(Stored data)

______________________________

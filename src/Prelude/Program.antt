-- ===== src/Prelude/Program.antt =====
-- Programs that call an environment: a tree of calls, each continued by what it answers. Running one
-- on a handler passes the state from call to call, and `Always` looks at every state on the way, so
-- that a theorem can speak of a program that is interrupted between two calls.
use mathlib.Core.Path.{◌≡◌, refl}
use mathlib.Core.Bool.{Bool, true, false}

pub data Program (C : Type 0) (R : C → Type 0) (A : Type 0) : Type 0 where
  ret : A → Program C R A
  call : (c : C) → (R c → Program C R A) → Program C R A

module _ {C : Type 0} {R : C → Type 0} where
  infixl 5 ◌>>=◌ ◌>>◌
  abbrev pub ◌>>=◌ : {A B : Type 0} → Program C R A → (A → Program C R B) → Program C R B
  ret a >>= f = f a
  call c k >>= f = call c (λ r. k r >>= f)

  abbrev pub ◌>>◌ : {A B : Type 0} → Program C R A → Program C R B → Program C R B
  m >> n = m >>= λ _. n

  abbrev pub perform : (c : C) → Program C R (R c)
  perform c = call c (λ r. ret r)

  -- `if (!test) return false;`
  abbrev pub or_fail : Bool → Program C R Bool → Program C R Bool
  or_fail true p = p
  or_fail false p = ret false

module _ {C : Type 0} {R : C → Type 0} {S : Type 0} (handle : (c : C) → S → R c × S) where
  unfoldable pub run : {A : Type 0} → Program C R A → S → A × S
  run (ret a) s = (a, s)
  run (call c k) s = run (k (handle c s).0) (handle c s).1

  -- The predicate holds at the start, after each call, and so at the end.
  abbrev pub Always : {A : Type 0} → (S → Type 0) → Program C R A → S → Type 0
  Always I (ret a) s = I s
  Always I (call c k) s = I s × Always I (k (handle c s).0) (handle c s).1

  pub run->>= :
      {A B : Type 0} (m : Program C R A) (f : A → Program C R B) (s : S)
      → run (m >>= f) s ≡ run (f (run m s).0) (run m s).1
  unfolding run
  run->>= (ret a) f s = refl
  run->>= (call c k) f s = run->>= (k (handle c s).0) f (handle c s).1

  -- What two programs keep, their sequence keeps.
  pub Always->>= :
      {A B : Type 0} (I : S → Type 0) (m : Program C R A) (f : A → Program C R B) (s : S)
      → Always I m s
      → Always I (f (run m s).0) (run m s).1
      → Always I (m >>= f) s
  unfolding run
  Always->>= I (ret a) f s h k = k
  Always->>= I (call c g) f s h k = (h.0, Always->>= I (g (handle c s).0) f (handle c s).1 h.1 k)

  pub Always-end :
      {A : Type 0} (I : S → Type 0) (m : Program C R A) (s : S) → Always I m s → I (run m s).1
  unfolding run
  Always-end I (ret a) s h = h
  Always-end I (call c k) s h = Always-end I (k (handle c s).0) (handle c s).1 h.1

  -- A program keeps what holds where it starts.
  unfoldable pub Keeps : {A : Type 0} → (S → Type 0) → Program C R A → Type 0
  Keeps I m = (s : S) → I s → Always I m s

  pub Keeps-Always :
      {A : Type 0} (I : S → Type 0) (m : Program C R A) (s : S) → Keeps I m → I s → Always I m s
  unfolding Keeps
  Keeps-Always I m s keeps h = keeps s h

  pub Keeps-ret : {A : Type 0} (I : S → Type 0) (a : A) → Keeps I (ret a)
  unfolding Keeps
  Keeps-ret I a s h = h

  pub Keeps-call :
      {A : Type 0} (I : S → Type 0) (c : C) (k : R c → Program C R A)
      → ((s : S) → I s → I (handle c s).1)
      → ((r : R c) → Keeps I (k r))
      → Keeps I (call c k)
  unfolding Keeps
  Keeps-call I c k step rest s h = (h, rest (handle c s).0 (handle c s).1 (step s h))

  pub Keeps->>= :
      {A B : Type 0} (I : S → Type 0) (m : Program C R A) (f : A → Program C R B)
      → Keeps I m
      → ((a : A) → Keeps I (f a))
      → Keeps I (m >>= f)
  unfolding Keeps
  Keeps->>= I m f first rest s h =
      let kept = first s h in
      Always->>= I m f s kept (rest (run m s).0 (run m s).1 (Always-end I m s kept))

  pub Keeps-or_fail :
      (I : S → Type 0) (b : Bool) (p : Program C R Bool) → Keeps I p → Keeps I (or_fail b p)
  Keeps-or_fail I true p keeps = keeps
  Keeps-or_fail I false p keeps = Keeps-ret I false

  -- What always holds may be weakened.
  pub Always-map :
      {A : Type 0} (I J : S → Type 0) (m : Program C R A) (s : S)
      → ((t : S) → I t → J t)
      → Always I m s
      → Always J m s
  Always-map I J (ret a) s f h = f s h
  Always-map I J (call c k) s f h =
      (f s h.0, Always-map I J (k (handle c s).0) (handle c s).1 f h.1)

  pub Always-all :
      {A : Type 0} (I : S → Type 0) (m : Program C R A) (s : S) → ((t : S) → I t) → Always I m s
  Always-all I (ret a) s h = h s
  Always-all I (call c k) s h = (h s, Always-all I (k (handle c s).0) (handle c s).1 h)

______________________________

◆ Task instructions: Please list every line of the records that contains "perform".

◆ Exercise answer:
  abbrev pub perform : (c : C) → Program C R (R c)
  perform c = call c (λ r. ret r)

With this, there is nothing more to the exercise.